== Task to carry out ==
In full and without alteration, return the records below.

Excerpted records: Begin

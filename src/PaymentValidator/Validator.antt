-- ===== src/PaymentValidator/Validator.antt =====
-- rita/src/rita_common/payment_validator/mod.rs: the actor `PaymentValidator` and its messages, and
-- `make_payments` of rita/src/rita_common/network_endpoints/mod.rs, which feeds it.
use althea_rs.Prelude.{
  ℕ, ◌≡◌, Bool, true, false, Option, none, some, List, [], ◌∷◌, ◌&&◌, ◌==◌, if◌then◌else◌, arith,
}
use althea_rs.Prelude.Maps.{Key}
use althea_rs.Prelude.Sets.{HashSet, contains, add, discard}
use althea_rs.Prelude.Outcome.{Outcome, ok, err, panic}
use althea_rs.AltheaTypes.{PaymentTx, payment_eq, payment_eq_refl, payment_eq_cong}
use mathlib.Core.Option
use althea_rs.Time.{Instant, Duration, from_secs, elapsed_over}

-- `PAYMENT_TIMEOUT`
abbrev pub payment_timeout : Duration
payment_timeout = from_secs 900

pub record ToValidate : Type 0 where
  pub payment : PaymentTx
  pub recieved : Instant
  pub checked : Bool

abbrev bool_eq : Bool → Bool → Bool
bool_eq true b = b
bool_eq false true = false
bool_eq false false = true

-- The derived `PartialEq`.
abbrev pub to_validate_eq : ToValidate → ToValidate → Bool
to_validate_eq a b =
    payment_eq a.payment b.payment && a.recieved == b.recieved && bool_eq a.checked b.checked

pub to_validate_eq_refl : (a : ToValidate) → to_validate_eq a a ≡ true
to_validate_eq_refl a = ground (arith, payment_eq_refl a.payment)

pub to_validate_eq_cong :
    (a b c : ToValidate) → to_validate_eq a b ≡ true → to_validate_eq a c ≡ to_validate_eq b c
to_validate_eq_cong a b c h = ground (arith, payment_eq_cong a.payment b.payment c.payment)

instance abbrev pub to_validate_key : Key ToValidate
to_validate_key = record {
  eq = to_validate_eq;
  eq_refl = to_validate_eq_refl;
  eq_cong = to_validate_eq_cong;
}

pub number_eq_refl : (a : ℕ) → (a == a) ≡ true
number_eq_refl a = ground arith

pub number_eq_cong : (a b c : ℕ) → (a == b) ≡ true → (a == c) ≡ (b == c)
number_eq_cong a b c h = ground arith

instance abbrev pub number_key : Key ℕ
number_key = record { eq = ◌==◌; eq_refl = number_eq_refl; eq_cong = number_eq_cong }

pub record PaymentValidator : Type 0 where
  pub unvalidated_transactions : HashSet ToValidate
  pub successful_transactions : HashSet ℕ

-- `PaymentValidator::new`
unfoldable pub new_validator : PaymentValidator
new_validator = record { unvalidated_transactions = []; successful_transactions = [] }

pub data Error : Type 0 where
  no_such_transaction : Error

-- `Handler<ValidateLater>`
unfoldable pub validate_later : ToValidate → PaymentValidator → PaymentValidator
validate_later ts v = elim ts.payment.txid [
  | none ↦ v
  | some txid ↦
      if contains txid v.successful_transactions
      then v
      else (record v { unvalidated_transactions = add ts v.unvalidated_transactions })
]

-- `Handler<Remove>`
unfoldable pub remove :
    ToValidate → Bool → PaymentValidator → Outcome Error (Unit {0}) × PaymentValidator
remove tx success v =
    let was_present = contains tx v.unvalidated_transactions in
    let removed = record v { unvalidated_transactions = discard tx v.unvalidated_transactions } in
    if was_present
    then (if success
        then (elim tx.payment.txid [
          | none ↦ (panic, removed)
          | some txid ↦ (
            ok tt,
            record removed { successful_transactions = add txid v.successful_transactions },
          )
        ])
        else (ok tt, removed))
    else (err no_such_transaction, removed)

-- `Handler<Checked>`
unfoldable pub mark_checked : ToValidate → PaymentValidator → PaymentValidator
mark_checked tx v =
    if contains tx v.unvalidated_transactions
    then record v {
      unvalidated_transactions =
          add (record tx { checked = true }) (discard tx v.unvalidated_transactions);
    }
    else v

-- The loop of `Handler<Validate>`: the entries that have timed out, and those that are looked up;
-- `none` where an entry has timed out that no full node was ever asked about, or without a txid.
unfoldable pub sort_out : Instant → List ToValidate → Option (List ToValidate × List ToValidate)
sort_out now [] = some ([], [])
sort_out now (item ∷ items) =
    let rest = sort_out now items in
    if elapsed_over now item.recieved payment_timeout
    then (if item.checked
        then (elim item.payment.txid [
          | none ↦ none
          | some txid ↦ Option.map (λ (d, l). (item ∷ d, l)) rest
        ])
        else none)
    else Option.map (λ (d, l). (d, item ∷ l)) rest

unfoldable pub discard_all : List ToValidate → HashSet ToValidate → HashSet ToValidate
discard_all [] s = s
discard_all (item ∷ items) s = discard_all items (discard item s)

-- `Handler<Validate>`, with the entries for which `validate_transaction` asks a full node.
unfoldable pub validate :
    Instant → PaymentValidator → Outcome Error (List ToValidate) × PaymentValidator
unfolding sort_out discard_all
validate now v = elim (sort_out now v.unvalidated_transactions) [
  | none ↦ (panic, v)
  | some (to_delete, looked_up) ↦ (
    ok looked_up,
    record v { unvalidated_transactions = discard_all to_delete v.unvalidated_transactions },
  )
]

-- `make_payments` of rita_common/network_endpoints: the status of the answer.
unfoldable pub make_payments : Instant → PaymentTx → PaymentValidator → ℕ × PaymentValidator
make_payments now pmt v = elim pmt.txid [
  | none ↦ (400, v)
  | some txid ↦ (200, validate_later (record { payment = pmt; recieved = now; checked = false }) v)
]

Excerpted records: End

== Result of the task ==
filename src/PaymentValidator/Validator.antt
-- ===== src/PaymentValidator/Validator.antt =====
-- rita/src/rita_common/payment_validator/mod.rs: the actor `PaymentValidator` and its messages, and
-- `make_payments` of rita/src/rita_common/network_endpoints/mod.rs, which feeds it.
use althea_rs.Prelude.{
  ℕ, ◌≡◌, Bool, true, false, Option, none, some, List, [], ◌∷◌, ◌&&◌, ◌==◌, if◌then◌else◌, arith,
}
use althea_rs.Prelude.Maps.{Key}
use althea_rs.Prelude.Sets.{HashSet, contains, add, discard}
use althea_rs.Prelude.Outcome.{Outcome, ok, err, panic}
use althea_rs.AltheaTypes.{PaymentTx, payment_eq, payment_eq_refl, payment_eq_cong}
use mathlib.Core.Option
use althea_rs.Time.{Instant, Duration, from_secs, elapsed_over}

-- `PAYMENT_TIMEOUT`
abbrev pub payment_timeout : Duration
payment_timeout = from_secs 900

pub record ToValidate : Type 0 where
  pub payment : PaymentTx
  pub recieved : Instant
  pub checked : Bool

abbrev bool_eq : Bool → Bool → Bool
bool_eq true b = b
bool_eq false true = false
bool_eq false false = true

-- The derived `PartialEq`.
abbrev pub to_validate_eq : ToValidate → ToValidate → Bool
to_validate_eq a b =
    payment_eq a.payment b.payment && a.recieved == b.recieved && bool_eq a.checked b.checked

pub to_validate_eq_refl : (a : ToValidate) → to_validate_eq a a ≡ true
to_validate_eq_refl a = ground (arith, payment_eq_refl a.payment)

pub to_validate_eq_cong :
    (a b c : ToValidate) → to_validate_eq a b ≡ true → to_validate_eq a c ≡ to_validate_eq b c
to_validate_eq_cong a b c h = ground (arith, payment_eq_cong a.payment b.payment c.payment)

instance abbrev pub to_validate_key : Key ToValidate
to_validate_key = record {
  eq = to_validate_eq;
  eq_refl = to_validate_eq_refl;
  eq_cong = to_validate_eq_cong;
}

pub number_eq_refl : (a : ℕ) → (a == a) ≡ true
number_eq_refl a = ground arith

pub number_eq_cong : (a b c : ℕ) → (a == b) ≡ true → (a == c) ≡ (b == c)
number_eq_cong a b c h = ground arith

instance abbrev pub number_key : Key ℕ
number_key = record { eq = ◌==◌; eq_refl = number_eq_refl; eq_cong = number_eq_cong }

pub record PaymentValidator : Type 0 where
  pub unvalidated_transactions : HashSet ToValidate
  pub successful_transactions : HashSet ℕ

-- `PaymentValidator::new`
unfoldable pub new_validator : PaymentValidator
new_validator = record { unvalidated_transactions = []; successful_transactions = [] }

pub data Error : Type 0 where
  no_such_transaction : Error

-- `Handler<ValidateLater>`
unfoldable pub validate_later : ToValidate → PaymentValidator → PaymentValidator
validate_later ts v = elim ts.payment.txid [
  | none ↦ v
  | some txid ↦
      if contains txid v.successful_transactions
      then v
      else (record v { unvalidated_transactions = add ts v.unvalidated_transactions })
]

-- `Handler<Remove>`
unfoldable pub remove :
    ToValidate → Bool → PaymentValidator → Outcome Error (Unit {0}) × PaymentValidator
remove tx success v =
    let was_present = contains tx v.unvalidated_transactions in
    let removed = record v { unvalidated_transactions = discard tx v.unvalidated_transactions } in
    if was_present
    then (if success
        then (elim tx.payment.txid [
          | none ↦ (panic, removed)
          | some txid ↦ (
            ok tt,
            record removed { successful_transactions = add txid v.successful_transactions },
          )
        ])
        else (ok tt, removed))
    else (err no_such_transaction, removed)

-- `Handler<Checked>`
unfoldable pub mark_checked : ToValidate → PaymentValidator → PaymentValidator
mark_checked tx v =
    if contains tx v.unvalidated_transactions
    then record v {
      unvalidated_transactions =
          add (record tx { checked = true }) (discard tx v.unvalidated_transactions);
    }
    else v

-- The loop of `Handler<Validate>`: the entries that have timed out, and those that are looked up;
-- `none` where an entry has timed out that no full node was ever asked about, or without a txid.
unfoldable pub sort_out : Instant → List ToValidate → Option (List ToValidate × List ToValidate)
sort_out now [] = some ([], [])
sort_out now (item ∷ items) =
    let rest = sort_out now items in
    if elapsed_over now item.recieved payment_timeout
    then (if item.checked
        then (elim item.payment.txid [
          | none ↦ none
          | some txid ↦ Option.map (λ (d, l). (item ∷ d, l)) rest
        ])
        else none)
    else Option.map (λ (d, l). (d, item ∷ l)) rest

unfoldable pub discard_all : List ToValidate → HashSet ToValidate → HashSet ToValidate
discard_all [] s = s
discard_all (item ∷ items) s = discard_all items (discard item s)

-- `Handler<Validate>`, with the entries for which `validate_transaction` asks a full node.
unfoldable pub validate :
    Instant → PaymentValidator → Outcome Error (List ToValidate) × PaymentValidator
unfolding sort_out discard_all
validate now v = elim (sort_out now v.unvalidated_transactions) [
  | none ↦ (panic, v)
  | some (to_delete, looked_up) ↦ (
    ok looked_up,
    record v { unvalidated_transactions = discard_all to_delete v.unvalidated_transactions },
  )
]

-- `make_payments` of rita_common/network_endpoints: the status of the answer.
unfoldable pub make_payments : Instant → PaymentTx → PaymentValidator → ℕ × PaymentValidator
make_payments now pmt v = elim pmt.txid [
  | none ↦ (400, v)
  | some txid ↦ (200, validate_later (record { payment = pmt; recieved = now; checked = false }) v)
]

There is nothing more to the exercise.